Читаем Процесс исключения (сборник) полностью

И собрала тут Саша чемоданы,«В деревню еду, ты меня не жди!»А обе дочки – Катенька и Аня —Стоят и плачут у мамы на груди!
Тут етот Митька сразу оклемался:«Мол, не езжай, один я не могу!»А Сашка, стерьва, бровью не поводит,На поезд села и больше ни гу-гу.

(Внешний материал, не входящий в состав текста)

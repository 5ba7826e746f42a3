-- ===== src/Event/Acts.antt =====
-- src/native/native_promise.c and src/runtime/vm_ops_class.inc: what program code can do to promises, by what
-- it calls and by waiting.
use cscript.Prelude.{
  ℕ, suc, ◌≡◌, ap, Bool, true, List, [], ◌∷◌, Option, none, some, some-cancel, none≢some,
}
use mathlib.Core.Path.{subst}
use cscript.Value.{Value, undefined}
use cscript.Event.{
  State, rejected, Reaction, Microtask, World, Machine, Mode, all, race, all_settled, any, Combine,
  Timers, promise, change, queue_task, settle, add_reaction, amend, as_promise, fulfill,
}
use cscript.Event.Natives.{
  allocate, next_promise, derive, promise_then, promise_catch, promise_finally, finally_by,
  promise_resolve, resolve_by, promise_reject, resolve_function, reject_function,
  queue_microtask_native, combinator, combine_inputs, combine_none, attach, attach_by, index_of,
  await, await_by, first,
}
use cscript.Event.Runs.{world_of}
use cscript.Event.Timing.{schedule, clear}

-- One act of program code: a native function that it calls, an `await`, or a timer set or cleared.
pub data Act (m : Machine) (w : World) : World → Type 0 where
  thens :
      (receiver : Value) (args : List Value) (out : World) (id : ℕ)
      → promise_then m receiver args w ≡ some (out, id)
      → Act m w out
  catches :
      (receiver : Value) (args : List Value) (out : World) (id : ℕ)
      → promise_catch m receiver args w ≡ some (out, id)
      → Act m w out
  finallies :
      (receiver : Value) (args : List Value) (out : World) (id : ℕ)
      → promise_finally m receiver args w ≡ some (out, id)
      → Act m w out
  makes : Act m w (allocate w)
  resolves : (args : List Value) → Act m w (promise_resolve m args w).0
  rejects : (args : List Value) → Act m w (promise_reject args w).0
  calls_resolve : (p : ℕ) (args : List Value) → Act m w (resolve_function m p args w)
  calls_reject : (p : ℕ) (args : List Value) → Act m w (reject_function p args w)
  queues :
      (args : List Value) (out : World) → queue_microtask_native args w ≡ some out → Act m w out
  combines :
      (mode : Mode) (array : Value) (inputs : Option (List Value)) (out : World) (id : ℕ)
      → combinator m mode array inputs w ≡ some (out, id)
      → Act m w out
  awaits : (fiber : ℕ) (v : Value) → Act m w (await m fiber v w)
  schedules :
      (add : ℕ → ℕ → ℕ) (now : ℕ) (repeating : Bool) (args : List Value) (ts : Timers) (id : ℕ)
      → schedule add now repeating args w.timers ≡ some (ts, id)
      → Act m w (record w { timers = ts })
  clears :
      (to_int : ℕ → Option ℕ) (args : List Value)
      → Act m w (record w { timers = clear to_int args w.timers })

pub data Acts (m : Machine) : World → World → Type 0 where
  idle : {w : World} → Acts m w w
  act : {a b c : World} → Act m a b → Acts m b c → Acts m a c

-- Program code changes promises by such acts alone.
pub record Lawful (m : Machine) : Type 0 where
  pub resumes : (f : ℕ) (v : Value) (b : Bool) (w : World) → Acts m w (m.resume f v b w)
  pub calls : (f : Value) (args : List Value) (w : World) → Acts m w (world_of (m.call f args w))

-- What a relation between worlds needs of the operations.
pub record Steps (m : Machine) (R : World → World → Type 0) : Type 0 where
  pub still : (w : World) → R w w
  pub chain : (a b c : World) → R a b → R b c → R a c
  pub settles : (p : ℕ) (st : State) (v : Value) (w : World) → R w (settle p st v w)
  pub fulfills : (p : ℕ) (v : Value) (w : World) → R w (fulfill m p v w)
  pub tasks : (t : Microtask) (w : World) → R w (queue_task t w)
  pub records : (cs : List Combine) (w : World) → R w (record w { combines = cs })
  pub adds :
      (p : ℕ) (f r : Value) (result : Option ℕ) (w : World) → R w (add_reaction p f r result w)
  pub amends :
      (f : Reaction → Reaction) (g : Microtask → Microtask) (p : ℕ)
      (on_fulfilled on_rejected : Value) (result : Option ℕ) (w : World)
      → R w (amend f g p (add_reaction p on_fulfilled on_rejected result w))
  pub handles : (p : ℕ) (w : World) → R w (change p (record (promise w p) { handled = true }) w)
  pub allocates : (w : World) → R w (allocate w)
  pub times : (ts : Timers) (w : World) → R w (record w { timers = ts })

module _ {m : Machine} {R : World → World → Type 0} (s : Steps m R) where
  derive-Step :
      (f r : Value) (o : Option ℕ) (w out : World) (id : ℕ)
      → derive f r o w ≡ some (out, id)
      → R w out
  derive-Step f r none w out id e = absurd (none≢some e)
  derive-Step f r (some p) w out id e =
      subst (R w) (ap (λ (x : World × ℕ). x.0) (some-cancel e))
        (s.chain w _ _ (s.allocates w) (s.adds p f r _ (allocate w)))

  finally_by-Step :
      (f : Value) (o : Option ℕ) (w out : World) (id : ℕ)
      → finally_by f o w ≡ some (out, id)
      → R w out
  finally_by-Step f none w out id e = absurd (none≢some e)
  finally_by-Step f (some p) w out id e =
      subst (R w) (ap (λ (x : World × ℕ). x.0) (some-cancel e))
        (s.chain w _ _ (s.allocates w) (s.amends _ _ p f f _ (allocate w)))

  resolve_by-Step : (v : Value) (o : Option ℕ) (w : World) → R w (resolve_by m v o w).0
  resolve_by-Step v (some p) w = s.still w
  resolve_by-Step v none w = s.chain w _ _ (s.allocates w) (s.fulfills _ v (allocate w))

  listening-Step :
      (f : Reaction → Reaction) (g : Microtask → Microtask) (p : ℕ) (w : World)
      → R w (
          amend f g p (
            add_reaction p undefined undefined none
              (change p (record (promise w p) { handled = true }) w)))
  listening-Step f g p w = s.chain w _ _ (s.handles p w) (s.amends f g p _ _ none _)

  attach_by-Step :
      (c : ℕ) (index : Option ℕ) (v : Value) (o : Option ℕ) (w : World)
      → R w (attach_by m c index v o w)
  attach_by-Step c index v none w = s.tasks _ w
  attach_by-Step c index v (some p) w = listening-Step _ _ p w

  attach-Step : (mode : Mode) (c i : ℕ) (vs : List Value) (w : World) → R w (attach m mode c i vs w)
  unfolding attach
  attach-Step mode c i [] w = s.still w
  attach-Step mode c i (v ∷ vs) w =
      s.chain w _ _ (attach_by-Step c (index_of mode i) v (as_promise m v) w)
        (attach-Step mode c (suc i) vs _)

  combine_none-Step :
      (mode : Mode) (array : Value) (target : ℕ) (w : World)
      → R w (combine_none m mode array target w)
  combine_none-Step all array target w = s.fulfills target array w
  combine_none-Step all_settled array target w = s.fulfills target array w
  combine_none-Step any array target w = s.settles target rejected _ w
  combine_none-Step race array target w = s.still w

  combine_inputs-Step :
      (mode : Mode) (array : Value) (inputs : List Value) (target : ℕ) (w : World)
      → R w (combine_inputs m mode array inputs target w)
  combine_inputs-Step mode array [] target w = combine_none-Step mode array target w
  combine_inputs-Step mode array (v ∷ vs) target w =
      s.chain w _ _ (s.records _ w) (attach-Step mode _ 0 (v ∷ vs) _)

  combinator-Step :
      (mode : Mode) (array : Value) (o : Option (List Value)) (w out : World) (id : ℕ)
      → combinator m mode array o w ≡ some (out, id)
      → R w out
  unfolding combinator
  combinator-Step mode array none w out id e = absurd (none≢some e)
  combinator-Step mode array (some inputs) w out id e =
      subst (R w) (ap (λ (x : World × ℕ). x.0) (some-cancel e))
        (s.chain w _ _ (s.allocates w) (combine_inputs-Step mode array inputs _ (allocate w)))

  queues-Step :
      (args : List Value) (w out : World) → queue_microtask_native args w ≡ some out → R w out
  queues-Step [] w out e = absurd (none≢some e)
  queues-Step (callback ∷ args) w out e = subst (R w) (some-cancel e) (s.tasks _ w)

  await_by-Step : (fiber : ℕ) (v : Value) (o : Option ℕ) (w : World) → R w (await_by m fiber v o w)
  await_by-Step fiber v (some p) w = listening-Step _ _ p w
  await_by-Step fiber v none w = s.chain w _ _ (s.allocates w) (
      s.chain (allocate w) _ _ (s.fulfills (next_promise w) v (allocate w))
        (listening-Step _ _ _ _))

  Act-Step : (w out : World) → Act m w out → R w out
  Act-Step w _ (thens receiver args out id e) = derive-Step _ _ (as_promise m receiver) w out id e
  Act-Step w _ (catches receiver args out id e) = derive-Step _ _ (as_promise m receiver) w out id e
  Act-Step w _ (finallies receiver args out id e) =
      finally_by-Step _ (as_promise m receiver) w out id e
  Act-Step w _ makes = s.allocates w
  Act-Step w _ (resolves args) = resolve_by-Step (first args) (as_promise m (first args)) w
  Act-Step w _ (rejects args) = s.chain w _ _ (s.allocates w) (s.settles _ rejected _ (allocate w))
  Act-Step w _ (calls_resolve p args) = s.fulfills p _ w
  Act-Step w _ (calls_reject p args) = s.settles p rejected _ w
  Act-Step w _ (queues args out e) = queues-Step args w out e
  Act-Step w _ (combines mode array inputs out id e) = combinator-Step mode array inputs w out id e
  Act-Step w _ (awaits fiber v) = await_by-Step fiber v (as_promise m v) w
  Act-Step w _ (schedules add now repeating args ts id e) = s.times ts w
  Act-Step w _ (clears to_int args) = s.times _ w

  pub Acts-Step : (w out : World) → Acts m w out → R w out
  Acts-Step w _ idle = s.still w
  Acts-Step w out (act g rest) = s.chain w _ out (Act-Step w _ g) (Acts-Step _ out rest)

Фрида нисколько не оскорблена была грубостью, с какой в этой песне изображены были сложные, тонкие психологические перипетии. Ее веселил этот неожиданный угол зрения:

Еще тут Репин зачем-то ошивался.В чем было дело – сам я не видал.Но говорили добрые соседи,
Что он в деревне к ней в окно сигал.

Фрида веселилась, и праздник ее был весел, хотя двойное чувство: радости и страха, наверное, томило в этот день не одну меня. Фрида в эту пору с каждым часом становилась видимо бодрее. Конечно, о танцах или лыжных вылазках не могло быть и речи, но вместе с пастерначатами она пускала кораблики в канавах и лужах, каждый день работала над своей повестью («Учитель»), с восхищением слушала стихи Тарковского, радовалась изречениям Натальи, ходила гулять с Сашей, Галей, Копелевыми, поднималась даже на могилу Пастернака – словом, выздоравливала. Иногда ходила она на прогулку и со мной: маленькая, в чужих громоздких валенках и сползающей на затылок шапке. Та же милая полуседая прядь на лбу, которую она все время пробовала пристроить под шапку… Она легко – гораздо легче меня – делала «большой круг» (улица Серафимовича, улица Горького, улица Серафимовича) и потом обычно заходила ко мне погреться. Скинув валенки, забиралась с ногами в плетеное кресло и натягивала на колени полосатую юбочку. Мы болтали, пили горячий чай из термоса, и я смотрела на нее во все глаза, проверяя, сомневаясь, радуясь, не веря себе. Такая ли она, как всегда? Совсем такая или не совсем? Кажется, совсем: темноглазая и белозубая, а сейчас еще и розовая с мороза. А что, если Виноградов ошибся, и опухоль не злокачественная, и Фрида останется с нами? Немножко похудела, пожалуй, и кисти рук будто бы стали длиннее, затылок уже, плечи – тоньше, но ведь это бывает и после любой операции. Не может сама достать с высокой вешалки шапку: «тянет шов». Ну, и это бывает после любой операции, и это скоро пройдет… Зато гемоглобин, по последнему анализу, стоит высоко (нас всех сильно утешал гемоглобин), и доктор в последний раз нашел, что в животе «ничего не прощупывается», «печень в границах».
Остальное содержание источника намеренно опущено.